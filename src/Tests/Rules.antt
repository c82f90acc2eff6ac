-- ===== src/Tests/Rules.antt =====
-- The rules of src/optimizer/optimizer.c at work.
use compute_ql.Shared.{◌≡◌, refl, ◌≢◌, true, false, [], ◌∷◌, arith}
use compute_ql.Shared.Bits.{bit_at}
use compute_ql.Text.{Text}
use compute_ql.Ir.{Node}
use compute_ql.Optimizer.{Conjunct, is_operator}
use compute_ql.Optimizer.Logic.{meaning, holds, operand, leaf_meaning, is_comparison}
use compute_ql.Optimizer.RejectsNull.{optimizer_rejects_null, leaf_rejects_null, is_column_of}
use compute_ql.Optimizer.RejectsNull.Sound.{rejects_null_sound}
use compute_ql.Optimizer.Refs.{
  optimizer_resolve_column, optimizer_mask_highest, optimizer_mask_popcount,
}
use compute_ql.Optimizer.Assign.{optimizer_convert_left_joins, assign_destination}
use compute_ql.Optimizer.Assign.Convert.{may_be_null, convert_left_joins_keep}
use compute_ql.Optimizer.Assign.Legal.{Placed, assign_destination_legal}
use compute_ql.Tests.Data.{
  relations, sku_is_five, sku_is_null, null_row, left_join_steps, conjunct_of,
}

sku_rejects_null : optimizer_rejects_null relations 1 sku_is_five ≡ true
unfolding optimizer_rejects_null compute_ql.Ir.same_type is_operator compute_ql.Text.str8_match
    leaf_rejects_null is_comparison compute_ql.Text.match_loop compute_ql.Text.adjust_char
    is_column_of optimizer_resolve_column compute_ql.Optimizer.Refs.resolve_loop
    compute_ql.Optimizer.Refs.qe_column_belongs_to_table compute_ql.Optimizer.Refs.find_dot
    compute_ql.Catalog.cql_table_find_column compute_ql.Catalog.find_column_in
sku_rejects_null = refl

rejects_null_sound_example : meaning null_row sku_is_five ≢ holds
rejects_null_sound_example =
    rejects_null_sound null_row relations 1 sku_is_five (λ name e. refl) sku_rejects_null

abbrev null_test : Conjunct
null_test = conjunct_of sku_is_null 2 true 0

null_test_holds : meaning null_row sku_is_null ≡ holds
unfolding meaning is_operator compute_ql.Ir.same_type compute_ql.Text.str8_match leaf_meaning
    compute_ql.Text.match_loop compute_ql.Text.adjust_char operand
null_test_holds = refl

convert_left_joins_keep_example :
    may_be_null (optimizer_convert_left_joins relations 2 (null_test ∷ []) left_join_steps) 1
    ≡ may_be_null left_join_steps 1
convert_left_joins_keep_example =
    convert_left_joins_keep null_row relations 1 2 (null_test ∷ []) left_join_steps (λ name e. refl)
      ((λ w. null_test_holds), tt)

-- WHERE sku = 5 makes the LEFT JOIN an inner one.
join_becomes_inner :
    may_be_null
      (optimizer_convert_left_joins relations 2
        (conjunct_of sku_is_five 2 true 0 ∷ [])
        left_join_steps)
      1
    ≡ false
unfolding optimizer_convert_left_joins compute_ql.Optimizer.Assign.convert_relations
    compute_ql.Optimizer.Assign.convert_relation compute_ql.Optimizer.Assign.mask_has bit_at
    optimizer_rejects_null compute_ql.Ir.same_type is_operator compute_ql.Text.str8_match
    leaf_rejects_null is_comparison compute_ql.Text.match_loop compute_ql.Text.adjust_char
    is_column_of optimizer_resolve_column compute_ql.Optimizer.Refs.resolve_loop
    compute_ql.Optimizer.Refs.qe_column_belongs_to_table compute_ql.Optimizer.Refs.find_dot
    compute_ql.Catalog.cql_table_find_column compute_ql.Catalog.find_column_in
    compute_ql.Optimizer.Assign.clear_null_supplying compute_ql.Optimizer.Refs.is_found
join_becomes_inner = refl

abbrev on_test : Conjunct
on_test = conjunct_of sku_is_five 2 false 1

assign_destination_legal_example :
    Placed false left_join_steps on_test
      (assign_destination left_join_steps on_test).destination
      (assign_destination left_join_steps on_test).target
    × (record (assign_destination left_join_steps on_test) {
      destination = on_test.destination;
      target = on_test.target;
    }
        ≡ on_test)
assign_destination_legal_example =
    assign_destination_legal left_join_steps on_test (omega arith) refl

++++++

* **What is required**: Where a line of the data holds "operand", show that line.

* **Answer for this exercise**:
use compute_ql.Optimizer.Logic.{meaning, holds, operand, leaf_meaning, is_comparison}
    compute_ql.Text.match_loop compute_ql.Text.adjust_char operand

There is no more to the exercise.